Just a quick note on the newest strain of Ich. Often known as “Super-Ich,” this new strain is resistant to salt and heat treatment. The only medication that this effective with this new strain is Quinine based. Copper based treatments and all other such medications are completely useless against this new strain. It is likely that this new very resistant strain of Ich developed as a result of insufficient doses of medications were administered. The strength of medications is carefully calculated so that it will kill the parasites, when you lower the concentration of the med you give the parasite the chance to adapt to it and become completely resistant to it. The speculation is that this is exactly what happened. People treated with “half doses” because of more sensitive fish. The fish can handle the full doses.
How did Ich get in the tank? Ich has often been attributed to poor water quality, and this is true. However, water quality alone is not the only cause, since it is a parasite it had to come from somewhere. Ich often enters the aquarium on plants, driftwood, or even newly added fish. Poor water quality, however, does create an environment that is much more conducive to the growth of ich. For this reason it is important to keep your water quality high regardless of what fish you have.
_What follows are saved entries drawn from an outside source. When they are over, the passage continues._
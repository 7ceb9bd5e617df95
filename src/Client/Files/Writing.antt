-- ===== src/Client/Files/Writing.antt =====
-- _pwrite against a server that keeps a file.
use libixp.Base.{
  ℕ, zero, suc, ◌+◌, ◌-◌, ◌%◌, ◌^◌, ◌≤◌, ◌<◌, ◌≡◌, ◌≢◌, refl, sym, ap, ◌∙◌, arith, [], ◌∷◌, ◌++◌,
  false, Option, none, some, length, take, drop, drop-add, All, ◌==◌, inl, inr, lt-cases, lt→ltb,
  le→ltb_false,
}
use libixp.Types.{min}
use libixp.Types.FType.{t_write, r_write}
use libixp.Msg.{Result, ok}
use libixp.Msg.Fields.{Str}
use libixp.Msg.Fields.Packing.{length-take}
use libixp.Msg.Splice.{splice, splice-append}
use libixp.Fcall.{Fio}
use libixp.Fcall.Storage.{VariantStorage, f_io}
use libixp.Fcall.Retrieve.{get_io}
use libixp.Util.{string_at}
use libixp.Client.{check_reply}
use libixp.Client.Session.{Session, ◌>>=◌, then-eq}
use libixp.Client.Calls.{request_header, dofcall}
use libixp.Client.Calls.Answers.{dofcall-reply}
use libixp.Client.Files.{write_request, write_reply, accept_write, write_at, pwrite_loop, pwrite}

-- The server keeps a file of a fixed length. A message of size n carries the first n bytes of its
-- data, and the reply says that all were written. (A message whose data is shorter than its size carries,
-- behind the data, what the buffer held before; such a message is not sent to this server.)
abbrev pub written : Fio → VariantStorage
written w = f_io (record w { hdr = record w.hdr { type = r_write }; contents = [] })

abbrev pub keep_file : VariantStorage → Str → Result (Option VariantStorage) × Str
keep_file (f_io w) file = (ok (some (written w)), splice file w.offset (take w.size w.contents))
keep_file other file = (ok none, file)

abbrev pub IsText : Str → Type 0
IsText = All (λ b. b ≢ 0)

string_at-text : (text rest : Str) → IsText text → string_at (text ++ 0 ∷ rest) ≡ some text
unfolding string_at
string_at-text [] rest h = refl
string_at-text (c ∷ text) rest (ne, h) =
    let no : (c == 0) ≡ false = ground arith in rw (no, string_at-text text rest h) refl

drop-append : (n : ℕ) (xs ys : Str) → n ≤ length xs → drop n (xs ++ ys) ≡ drop n xs ++ ys
drop-append zero xs ys h = refl
drop-append (suc n) [] ys h = absurd (omega (arith, h))
drop-append (suc n) (x ∷ xs) ys h = drop-append n xs ys (omega arith)

drop-IsText : (n : ℕ) (xs : Str) → IsText xs → IsText (drop n xs)
drop-IsText zero xs h = h
drop-IsText (suc n) [] h = tt
drop-IsText (suc n) (x ∷ xs) h = drop-IsText n xs h.1

length-drop : (n : ℕ) (xs : Str) → length (drop n xs) ≡ length xs - n
length-drop zero xs = omega arith
length-drop (suc n) [] = omega arith
length-drop (suc n) (x ∷ xs) = omega (arith, length-drop n xs)

take-drop : (n : ℕ) (xs : Str) → take n xs ++ drop n xs ≡ xs
take-drop zero xs = refl
take-drop (suc n) [] = refl
take-drop (suc n) (x ∷ xs) = ap (◌∷◌ x) (take-drop n xs)

take-more : (n : ℕ) (xs : Str) → length xs ≤ n → take n xs ≡ xs
take-more zero [] h = refl
take-more zero (x ∷ xs) h = absurd (omega (arith, h))
take-more (suc n) [] h = refl
take-more (suc n) (x ∷ xs) h = ap (◌∷◌ x) (take-more n xs (omega arith))

joined :
    (file : Str) (offset n : ℕ) (xs : Str)
    → n ≤ length xs
    → splice (splice file offset (take n xs)) (offset + n) (drop n xs) ≡ splice file offset xs
joined file offset n xs le =
    splice-append file offset (offset + n) (take n xs) (drop n xs)
      (ap (λ k. offset + k) (sym (length-take n xs le)))
    ∙ ap (splice file offset) (take-drop n xs)

module _ (junk fid : ℕ) where
  -- A round, on the server above.
  write_at-kept :
      (offset n : ℕ) (contents : Str) (c : Session Str)
      → offset < 2 ^ 64
      → write_at keep_file junk fid offset n contents c
        ≡ (ok (some n), record c { world = splice c.world offset (take n contents) })
  unfolding write_at get_io check_reply ◌>>=◌
  write_at-kept offset n contents c small =
      let e : offset % 2 ^ 64 ≡ offset = omega arith in
      let request = write_request junk fid offset n contents in
      let reply : Fio = record {
        hdr = record (request_header junk t_write fid) { type = r_write };
        size = n;
        offset = offset % 2 ^ 64;
        contents = [];
      } in
      then-eq (dofcall keep_file junk request) (accept_write keep_file junk) c
        (dofcall-reply keep_file junk request (f_io reply) c refl refl)
      ∙ rw e refl

  -- A round that goes on.
  pwrite-round :
      (fuel iounit count offset len : ℕ) (memory contents : Str) {size : ℕ} (c : Session Str)
      {c' : Session Str}
      → string_at (drop len memory) ≡ some contents
      → write_at keep_file junk fid offset (min (count - len) iounit) contents c
        ≡ (ok (some size), c')
      → pwrite_loop keep_file junk (suc fuel) fid iounit count offset len memory c
        ≡ write_reply (min (count - len) iounit) count len size c' (
            pwrite_loop keep_file junk fuel fid iounit count (offset + size) (len + size) memory c')
  unfolding pwrite_loop
  pwrite-round fuel iounit count offset len memory contents {size} c {c'} points wrote =
      rw (points, pwrite_loop)
        (rw wrote (
          ap
            (λ (d : Session Str). write_reply (min (count - len) iounit) count len size d (
              pwrite_loop keep_file junk fuel fid iounit count (offset + size) (len + size) memory
                d))
            (ap (λ (r : Result (Option ℕ) × Session Str). r.1) wrote)))

  module _ (text rest : Str) (plain : IsText text) where
    -- From len bytes on, the text is what the pointer points to.
    at_pointer :
        (len : ℕ)
        → len ≤ length text
        → string_at (drop len (text ++ 0 ∷ rest)) ≡ some (drop len text)
    at_pointer len le =
        ap string_at (drop-append len text (0 ∷ rest) le)
        ∙ string_at-text (drop len text) rest (drop-IsText len text plain)

    pwrite_loop-kept :
        (fuel iounit offset len : ℕ) (c : Session Str)
        → 0 < iounit
        → len ≤ length text
        → offset + (length text - len) < 2 ^ 64
        → length text - len < fuel
        → pwrite_loop keep_file junk fuel fid iounit (length text) offset len (text ++ 0 ∷ rest) c
          ≡ some
              (ok (some (length text)), record c { world = splice c.world offset (drop len text) })
    unfolding pwrite_loop
    pwrite_loop-kept zero iounit offset len c unit le small enough = absurd (omega (arith, enough))
    pwrite_loop-kept (suc fuel) iounit offset len c unit le small enough =
        let left = length text - len in
        let n = min left iounit in
        let le_n : n ≤ left = ground arith in
        let total = length-drop len text in
        let wrote = write_at-kept offset n (drop len text) c (omega (arith, small)) in
        pwrite-round fuel iounit (length text) offset len (text ++ 0 ∷ rest) (drop len text) c
          (at_pointer len le) wrote
        ∙ elim (lt-cases (len + n) (length text)) [
          | inl more ↦
              let some_left : 0 < n = ground arith in
              rw (le→ltb_false n n (omega arith), lt→ltb _ _ more)
                (pwrite_loop-kept fuel iounit (offset + n) (len + n)
                    (record c { world = splice c.world offset (take n (drop len text)) }) unit
                    (omega (arith, more)) (omega (arith, small, le_n))
                    (omega (arith, some_left, enough, more))
                  ∙ ap (λ file. some (ok (some (length text)), record c { world = file }))
                      (ap (splice (splice c.world offset (take n (drop len text))) (offset + n))
                          (drop-add len n text)
                        ∙ joined c.world offset n (drop len text) (omega (arith, total, le_n))))
          | inr last ↦
              let all : len + n ≡ length text = omega (arith, last, le_n, le) in
              let whole : take n (drop len text) ≡ drop len text =
                take-more n (drop len text) (omega (arith, all, total)) in
              rw (le→ltb_false n n (omega arith), le→ltb_false _ _ last)
                (λ i.
                  some (ok (some (all i)), record c { world = splice c.world offset (whole i) }))
        ]

    -- A text without NULs, with a NUL behind it, and a server that writes what it is told and says
    -- so: pwrite writes the whole text at the offset, in as many rounds as the iounit makes
    -- necessary, and returns its length. The loop ends, within as many rounds as there are bytes
    -- and one more, if the iounit is not 0.
    pub pwrite-keeps :
        (fuel iounit offset : ℕ) (c : Session Str)
        → 0 < iounit
        → offset + length text < 2 ^ 64
        → length text < fuel
        → pwrite keep_file junk fuel fid iounit (length text) offset (text ++ 0 ∷ rest) c
          ≡ some (ok (some (length text)), record c { world = splice c.world offset text })
    unfolding pwrite
    pwrite-keeps fuel iounit offset c unit small enough =
        pwrite_loop-kept fuel iounit offset 0 c unit (omega arith) (omega (arith, small))
          (omega (arith, enough))
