-- ===== src/Multicast/Poll.antt =====
-- `poll` of src/network/MulticastReceiver.h, by rounds that find a packet. What the kernel has put
-- into a frame is a hypothesis of the theorems.
pub mod Payloads
use marketdatabook.Common.{ℕ, zero, suc, ◌+◌, ◌*◌, ◌-◌, ◌%◌, ◌^◌, ltb, if◌then◌else◌}
use marketdatabook.Common.{List, [], ◌∷◌, Option, none, some}
use marketdatabook.Common.Bytes.{Bytes}
use marketdatabook.Common.Memory.{load}
use marketdatabook.Multicast.Ring.{
  Ring, Status, kernel, user, with_status, next_frame, rx_frame_size,
}

-- The fields of the receiver that `poll` uses.
pub record Polling : Type 0 where
  pub ring : Ring
  pub curr_frame_idx : ℕ
  pub total_packets : ℕ

-- `payload_ptr` and `payload_length`, behind an Ethernet header of 14 bytes, an IP header of 20 and
-- a UDP header of 8. It is `none` for a negative length, at which `parse_block` returns.
unfoldable pub packet_payload : Ring → ℕ → Option Bytes
packet_payload r idx =
    let packet = r.headers idx in
    let payload_ptr = idx * rx_frame_size + packet.tp_net + 20 + 8 in
    if ltb packet.tp_snaplen (14 + 20 + 8)
    then none
    else some (load r.bytes payload_ptr (packet.tp_snaplen - 14 - 20 - 8))

-- A round: what `parse_block` gets, and the frame back to the kernel.
unfoldable pub poll_round : Polling → Option Bytes × Polling
poll_round s = (
  packet_payload s.ring s.curr_frame_idx,
  record {
    ring = with_status s.ring s.curr_frame_idx kernel;
    curr_frame_idx = next_frame s.curr_frame_idx;
    total_packets = (s.total_packets + 1) % 2 ^ 64;
  },
)

-- Some rounds, and what they give; `none` where a frame is the kernel's, so that the loop waits.
unfoldable pub poll_rounds : ℕ → Polling → Option (List (Option Bytes) × Polling)
poll_rounds zero s = some ([], s)
poll_rounds (suc n) s = elim (s.ring.headers s.curr_frame_idx).tp_status [
  | kernel ↦ none
  | user ↦
      let (payload, s') = poll_round s in
      elim (poll_rounds n s') [ none ↦ none | some (rest, s'') ↦ some (payload ∷ rest, s'') ]
]
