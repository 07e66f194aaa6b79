-- ===== src/Multicast/Ring/Held.antt =====
-- What the frames of MulticastReceiver.h's ring hold: the blocks that are filled and not returned,
-- from one frame on, round the ring.
use marketdatabook.Common.{ℕ, zero, suc, ◌+◌, ◌*◌, ◌%◌, ◌<◌, ◌≤◌, ◌≡◌, ◌≢◌, refl, arith}
use marketdatabook.Common.{List, [], ◌∷◌, ◌++◌, length, get_elem?, some, inl, inr, ◌⊎◌}
use marketdatabook.Common.{length-snoc, ◌∙◌, ap}
use native.Mathlib.Decide.{dec_lt}
use marketdatabook.Common.Bytes.{Bytes}
use marketdatabook.Common.Memory.{load, load-store, load_apart}
use marketdatabook.Multicast.Ring.{Ring, kernel, user, rx_frame_size, rx_frame_nr, next_frame}
use marketdatabook.Multicast.Ring.{with_status, frame_payload, fill_frame}

-- The frame `j` places behind `first`.
abbrev pub slot : ℕ → ℕ → ℕ
slot first j = (first + j) % rx_frame_nr

pub slot-ne :
    (first i j : ℕ) → i < rx_frame_nr → j < rx_frame_nr → i ≢ j → slot first i ≢ slot first j
slot-ne first i j hi hj ne same = ne (omega arith)

get_elem?-lt {ℓ} :
    {A : Type ℓ} (xs : List A) (i : ℕ) (x : A) → get_elem? xs i ≡ some x → i < length xs
get_elem?-lt [] i x e = absurd (cc)
get_elem?-lt (y ∷ ys) zero x e = omega arith
get_elem?-lt (y ∷ ys) (suc i) x e = omega (arith, get_elem?-lt ys i x e)

snoc_cases {ℓ} :
    {A : Type ℓ} (xs : List A) (y : A) (j : ℕ) (x : A)
    → get_elem? (xs ++ y ∷ []) j ≡ some x
    → (get_elem? xs j ≡ some x) ⊎ ((j ≡ length xs) × (x ≡ y))
snoc_cases [] y zero x e = inr (refl, cc)
snoc_cases [] y (suc j) x e = absurd (cc)
snoc_cases (z ∷ zs) y zero x e = inl e
snoc_cases (z ∷ zs) y (suc j) x e = elim (snoc_cases zs y j x e) [
  | inl old ↦ inl old
  | inr (last, same) ↦ inr (ap suc last, same)
]

first_block : (xs : List Bytes) → 0 < length xs → (x : Bytes) × (get_elem? xs 0 ≡ some x)
first_block [] h = absurd (omega arith)
first_block (x ∷ xs) h = (x, refl)

nil_or : (xs : List Bytes) → (xs ≡ []) ⊎ ((x : Bytes) × (rest : List Bytes) × (xs ≡ x ∷ rest))
nil_or [] = inl refl
nil_or (x ∷ xs) = inr (x, xs, refl)

module _ (header_size : ℕ) where
  -- The frame has the block behind its header, inside its bytes.
  pub record IsBlock (r : Ring) (i : ℕ) (x : Bytes) : Type 0 where
    pub net : (r.headers i).tp_net ≡ header_size
    pub snaplen : (r.headers i).tp_snaplen ≡ length x
    pub payload : load r.bytes (i * rx_frame_size + header_size) (length x) ≡ x
    pub fits : header_size + length x ≤ rx_frame_size

  pub record IsRing (r : Ring) (first : ℕ) (held : List Bytes) : Type 0 where
    pub in_range : first < rx_frame_nr
    pub room : length held ≤ rx_frame_nr
    pub taken :
        (j : ℕ) (x : Bytes)
        → get_elem? held j ≡ some x
        → ((r.headers (slot first j)).tp_status ≡ user) × IsBlock r (slot first j) x
    pub free :
        (j : ℕ) → length held ≤ j → j < rx_frame_nr → (r.headers (slot first j)).tp_status ≡ kernel

  -- The payload of such a frame is its block.
  pub frame_payload-block : (r : Ring) (i : ℕ) (x : Bytes) → IsBlock r i x → frame_payload r i ≡ x
  frame_payload-block r i x b = rw (b.net, b.snaplen) b.payload

  pub with_status-IsBlock :
      (r : Ring) (i j : ℕ) (s : _) (x : Bytes) → IsBlock r i x → IsBlock (with_status r j s) i x
  with_status-IsBlock r i j s x b = record {
    net = ground (arith, b.net);
    snaplen = ground (arith, b.snaplen);
    payload = b.payload;
    fits = b.fits;
  }

  frames_apart :
      (i j m n : ℕ)
      → i ≢ j
      → header_size + m ≤ rx_frame_size
      → header_size + n ≤ rx_frame_size
      → (i * rx_frame_size + header_size + m ≤ j * rx_frame_size + header_size)
        ⊎ (j * rx_frame_size + header_size + n ≤ i * rx_frame_size + header_size)
  frames_apart i j m n ne hm hn = elim (dec_lt i j) [
    | yes p ↦ inl (omega arith)
    | no p ↦ inr (omega arith)
  ]

  -- A block that fits a frame is written to that frame alone.
  fill_frame-IsBlock :
      (r : Ring) (i j : ℕ) (x block : Bytes)
      → header_size + length block ≤ rx_frame_size
      → i ≢ j
      → IsBlock r i x
      → IsBlock (fill_frame header_size r j block) i x
  fill_frame-IsBlock r i j x block small ne b = record {
    net = ground (arith, b.net);
    snaplen = ground (arith, b.snaplen);
    payload =
        load_apart r.bytes (j * rx_frame_size + header_size) block (i * rx_frame_size + header_size)
          (length x) (frames_apart i j (length x) (length block) ne b.fits small)
        ∙ b.payload;
    fits = b.fits;
  }

  module _ {r : Ring} {first : ℕ} {held : List Bytes} (v : IsRing r first held) where
    -- A frame that is free to fill is behind those that are held.
    pub room-lt :
        (r.headers (slot first (length held))).tp_status ≡ kernel → length held < rx_frame_nr
    room-lt e = elim (dec_lt (length held) rx_frame_nr) [
      | yes p ↦ p
      | no p ↦
          let (x, there) = first_block held (omega arith) in
          let here : slot first 0 ≡ slot first (length held) = omega (arith, v.room) in
          absurd (ground (arith, (v.taken 0 x there).0, e))
    ]

    -- A frame that is in use is the first that is held.
    pub held-ne_nil :
        (r.headers first).tp_status ≡ user → (x : Bytes) × (rest : List Bytes) × (held ≡ x ∷ rest)
    held-ne_nil e = elim (nil_or held) [
      | inr some_held ↦ some_held
      | inl nothing ↦
          let here : slot first 0 ≡ first = omega (arith, v.in_range) in
          absurd (ground (arith, v.free 0, nothing))
    ]

    module _ (block : Bytes) (room : length held < rx_frame_nr) where
      abbrev idx : ℕ
      idx = slot first (length held)

      elsewhere : (j : ℕ) (x : Bytes) → get_elem? held j ≡ some x → slot first j ≢ idx
      elsewhere j x e =
          let h = get_elem?-lt held j x e in
          slot-ne first j (length held) (omega arith) room (omega arith)

      pub fill_frame-IsRing :
          header_size + length block ≤ rx_frame_size
          → IsRing (fill_frame header_size r idx block) first held
            × IsBlock (fill_frame header_size r idx block) idx block
      fill_frame-IsRing small = (
        record {
          in_range = v.in_range;
          room = v.room;
          taken = λ j x e. (
            ground (arith, (v.taken j x e).0),
            fill_frame-IsBlock r (slot first j) idx x block small (elsewhere j x e)
                (v.taken j x e).1,
          );
          free = λ j lo hi. ground (arith, v.free j lo hi);
        },
        record {
          net = ground arith;
          snaplen = ground arith;
          payload = load-store r.bytes (idx * rx_frame_size + header_size) block;
          fits = small;
        },
      )

      pub publish-IsRing :
          IsBlock r idx block → IsRing (with_status r idx user) first (held ++ block ∷ [])
      publish-IsRing b = record {
        in_range = v.in_range;
        room = omega (arith, length-snoc held block);
        taken = λ j x e. elim (snoc_cases held block j x e) [
          | inl old ↦ (
            ground (arith, (v.taken j x old).0),
            with_status-IsBlock r (slot first j) idx user x (v.taken j x old).1,
          )
          | inr (last, same) ↦
              rw (last, same) (ground arith, with_status-IsBlock r idx idx user block b)
        ];
        free = λ j lo hi.
            ground (arith, v.free j, length-snoc held block, slot-ne first j (length held) hi room);
      }

  -- A frame that is returned is held no longer.
  pub return-IsRing :
      {r : Ring} {first : ℕ} {x : Bytes} {rest : List Bytes}
      → IsRing r first (x ∷ rest)
      → IsRing (with_status r first kernel) (next_frame first) rest
  return-IsRing {r} {first} {x} {rest} v =
      let shift : (j : ℕ) → slot (next_frame first) j ≡ slot first (suc j) = λ j. omega arith in
      record {
        in_range = omega arith;
        room = omega (arith, v.room);
        taken = λ j y e.
            let h = get_elem?-lt rest j y e in
            let ne : slot first (suc j) ≢ first = λ same. omega (arith, v.room, v.in_range) in
            rw (shift j) (
              ground (arith, (v.taken (suc j) y e).0),
              with_status-IsBlock r (slot first (suc j)) first kernel y (v.taken (suc j) y e).1,
            );
        free = λ j lo hi. rw (shift j) (ground (arith, v.free (suc j), v.in_range));
      }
A marine form of the disease also exists however treatment is different. For obvious reasons the salt method does not work. Many of the medications that exist for treatment of marine ich are copper based and thus are unable to be used in a system where invertebrates are present. If nor inverts are present then these meds can be added directly to the tank. If inverts are present then a non-copper based product must be used for the tank.
Ich prevention Prevention is fairly simple. Keep you tank clean with regular water changes and gravel vacuuming, and examine new fish carefully. To prevent Ich from getting into your large system a smaller quarantine tank should be established and new fish should be held there for 2 weeks to allow any possible problems to come out.